En Venezuela, la pandemia por covid-19 dejó en evidencia la falta de oportunidades que tienen las personas con discapacidad. Un ejemplo de ello es la deficiente calidad de la educación especial. 

Día Internacional de las Personas con Discapacidad. La Asamblea General de las Naciones Unidas declaró en 1992 que cada 3 de diciembre se celebre este día para promover los derechos y el bienestar de estas personas en todos los ámbitos.

Nacarid Gómez, docente del Taller Laboral de Propatria (Caracas), dijo en una entrevista previa con El Diario que el sistema educativo venezolano no está preparado para formar a distancia a niños y jóvenes con discapacidad. 

La profesora explicó que su labor consiste en desarrollar proyectos socioproductivos adaptados a estudiantes mayores de 15 años con discapacidad. 

Detalló que el trabajo con los adolescentes debe ser personalizado, debido a que cada condición es distinta. Sin embargo, admitió que no puede lograrlo a distancia. 

Cuando llegó la pandemia, nos mandan a dar actividades a nuestros muchachos por Internet, pese a que la mayoría son de escasos recursos y los docentes no contamos con las herramientas para formarlos así”, indicó la docente.

A pesar de los desafíos que implica la educación remota, la presencial tampoco era ideal. Gómez aseguró que el Estado no le ha inyectado los recursos necesarios a estas instituciones, lo que dificulta el cumplimiento de los programas. 

Una ley ignorada

En enero del año 2007 apareció en Gaceta Oficial la Ley para las Personas con Discapacidad en Venezuela. El objetivo de la legislación es garantizar el desarrollo integral y la incorporación en la vida familiar comunitaria de estos ciudadanos.

Esta norma obliga a los entes de la administración pública nacional y regional a desarrollar políticas que velen por los derechos de todas las personas con discapacidad.
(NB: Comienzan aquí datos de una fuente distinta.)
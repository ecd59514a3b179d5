-- ===== src/Page/Ops.antt =====
-- src/page/mod.rs: removing from a page and clearing on it. The caller passes the free list that a
-- freed slot goes to.
use sharded_slab.Base.{ℕ, Bool, false, List, Option, none, some}
use mathlib.Core.Option
use mathlib.Core.List.{filter_map}
use sharded_slab.Config.{Config}
use sharded_slab.Slot.Memory.{Slot, World, Outcome, returns, ◌>>=◌}
use sharded_slab.Slot.Ops.{
  FreeList, Clear, clear_storage, try_clear_storage, remove_value, try_remove_value,
}
use sharded_slab.Page.{Shared, offset_in, slot_at, put_slot}

module _ {T F A : Type 0} (c : Config) where
  -- What the four functions share: the call on the slot at the address, or the answer for a slot
  -- that does not exist.
  unfoldable pub on_slot :
      A
      → (ℕ → F → World T → Outcome (A × F × World T))
      → ℕ
      → List (Slot T → Slot T)
      → F
      → Shared T
      → Outcome (A × F × Shared T)
  on_slot missing op addr others free page =
      let offset = offset_in c page addr in
      elim (slot_at page offset) [
        | none ↦ returns (missing, free, page)
        | some slot ↦ do
          (result, free', w) ← op offset free (record { slot = slot; others = others })
          returns (result, free', put_slot offset w.slot page)
      ]

module _ {T F : Type 0} (c : Config) (fl : FreeList (Option T) F) (addr gen : ℕ)
    (others : List (Slot (Option T) → Slot (Option T))) where
  -- `Shared::take`
  unfoldable pub take : F → Shared (Option T) → Outcome (Option T × F × Shared (Option T))
  take free page = on_slot c none (remove_value c fl gen) addr others free page

  -- `Shared::remove`
  unfoldable pub remove : F → Shared (Option T) → Outcome (Bool × F × Shared (Option T))
  remove free page = on_slot c false (try_remove_value c fl gen) addr others free page

module _ {T F : Type 0} (c : Config) (fl : FreeList T F) (cl : Clear T) (addr gen : ℕ)
    (others : List (Slot T → Slot T)) where
  -- `Shared::mark_clear`
  unfoldable pub mark_clear : F → Shared T → Outcome (Bool × F × Shared T)
  mark_clear free page = on_slot c false (try_clear_storage c fl cl gen) addr others free page

  -- `Shared::clear`
  unfoldable pub clear : F → Shared T → Outcome (Bool × F × Shared T)
  clear free page = on_slot c false (clear_storage c fl cl gen) addr others free page

-- `Shared::iter`, as the values that it runs through.
unfoldable pub iter : {T : Type 0} → Shared (Option T) → Option (List T)
iter page = Option.map (λ slots. filter_map (λ slot. slot.item) slots) page.slab
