-- ===== src/Key.antt =====
-- Keys: how src/cfg.rs takes a key apart, how `Slab::insert` and `Slab::vacant_entry` (src/lib.rs)
-- put one together, and which page an address stands for (src/page/mod.rs, src/shard.rs).
pub mod Bounds
pub mod Packing
pub mod Pages
use sharded_slab.Base.{ℕ, zero, suc, ◌+◌, ◌-◌, ◌/◌, ◌%◌, ◌^◌, List, [], ◌∷◌}
use sharded_slab.Word.Counts.{leading_zeros}
use sharded_slab.Pack.{pack, from_packed}
use sharded_slab.Config.{
  Config, initial_sz, addr_index_shift, page_size, addr_field, tid_field, gen_field,
}

unfoldable pub unpack_addr : Config → ℕ → ℕ
unpack_addr c packed = from_packed c.width (addr_field c) packed

unfoldable pub unpack_tid : Config → ℕ → ℕ
unpack_tid c packed = from_packed c.width (tid_field c) packed

unfoldable pub unpack_gen : Config → ℕ → ℕ
unpack_gen c packed = from_packed c.width (gen_field c) packed

-- The key of `Slab::insert`: the generation goes in within the page, the thread at the end.
unfoldable pub insert_key : Config → ℕ → ℕ → ℕ → ℕ
insert_key c tid gen idx = pack c.width (tid_field c) tid (pack c.width (gen_field c) gen idx)

-- The key of `Slab::vacant_entry`: the thread first.
unfoldable pub vacant_key : Config → ℕ → ℕ → ℕ → ℕ
vacant_key c tid gen idx = pack c.width (gen_field c) gen (pack c.width (tid_field c) tid idx)

-- `Addr::index`
unfoldable pub index : Config → ℕ → ℕ
unfolding leading_zeros
index c addr =
    let shifted = (addr + initial_sz c) % 2 ^ c.width / 2 ^ addr_index_shift c in
    c.width - leading_zeros c.width shifted

-- `page::indices`
unfoldable pub indices : Config → ℕ → ℕ × ℕ
unfolding unpack_addr index
indices c idx = let addr = unpack_addr c idx in (addr, index c addr)

pub record PageSize : Type 0 where
  pub size : ℕ
  pub prev_sz : ℕ

-- The loop of `Shard::new` over `count` pages from `page_num`, with the sum of the sizes so far.
unfoldable pub new_sizes : Config → ℕ → ℕ → ℕ → List PageSize
new_sizes c zero page_num total_sz = []
new_sizes c (suc count) page_num total_sz =
    let sz = page_size c page_num in
    record { size = sz; prev_sz = total_sz }
    ∷ new_sizes c count (page_num + 1) ((total_sz + sz) % 2 ^ c.width)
La legislación resalta el complimiento de los derechos a la vida, salud, educación, empleo, información y al libre tránsito. No obstante, durante la pandemia instituciones que representan a grupos de discapacitados denunciaron la falta de acceso a estos derechos.

Sin derecho a la información

La Confederación de Sordos de Venezuela (Consorven) ha denunciado que muy poco contenido referente al covid-19 está disponible en lengua de señas venezolana. 

Información inaccesible

64%

de las comunicaciones oficiales no son presentadas en lengua de señas

94%

de los noticieros no tienen intérprete de señas, de acuerdo con un estudio de Consorven

La institución realizó un estudio durante la cuarentena en el que reflejan que 100% de las emisiones televisadas sobre prevención ante el coronavirus no contaron con subtítulos. 

Consorven determinó que 90% de las personas encuestadas manifestó no haber recibido información sobre la pandemia. Además, informó que 69% de los encuestados aseguraron ver mermado su acceso a productos y servicios necesarios para atender sus condiciones. 

Discapacidad tras las rejas

Anthony Molina, joven con discapacidad intelectual y psicosocial, está privado de libertad desde el año 2017. En julio de 2020, sus familiares denunciaron que el detenido ha sido sometido a torturas con electricidad y tratos degradantes.

De acuerdo con el Programa Venezolano de Educación y Acción en Derechos Humanos (Provea), Molina lleva tres años y nueve meses detenido en la subdelegación del Cuerpo de Investigaciones Científicas Penales y Criminalísticas (Cicpc) en Punto Fijo, Falcón, por estar presuntamente implicado en un homicidio.

Además de las denuncias de tortura, los familiares de Molina aseguran que el joven duerme en el piso, hace sus necesidades en bolsas plásticas y ha presentado problemas de salud que lo han llevado a fiebres altas seguidas de convulsiones.

La pandemia por covid-19 ha demostrado que los grupos vulnerables quedan expuestos a riesgos en medio de las crisis. Las personas con discapacidades mentales, visuales, motrices y auditivas no son la excepción, por lo que los Estados deben promover políticas y programas que protejan realmente sus derechos fundamentales.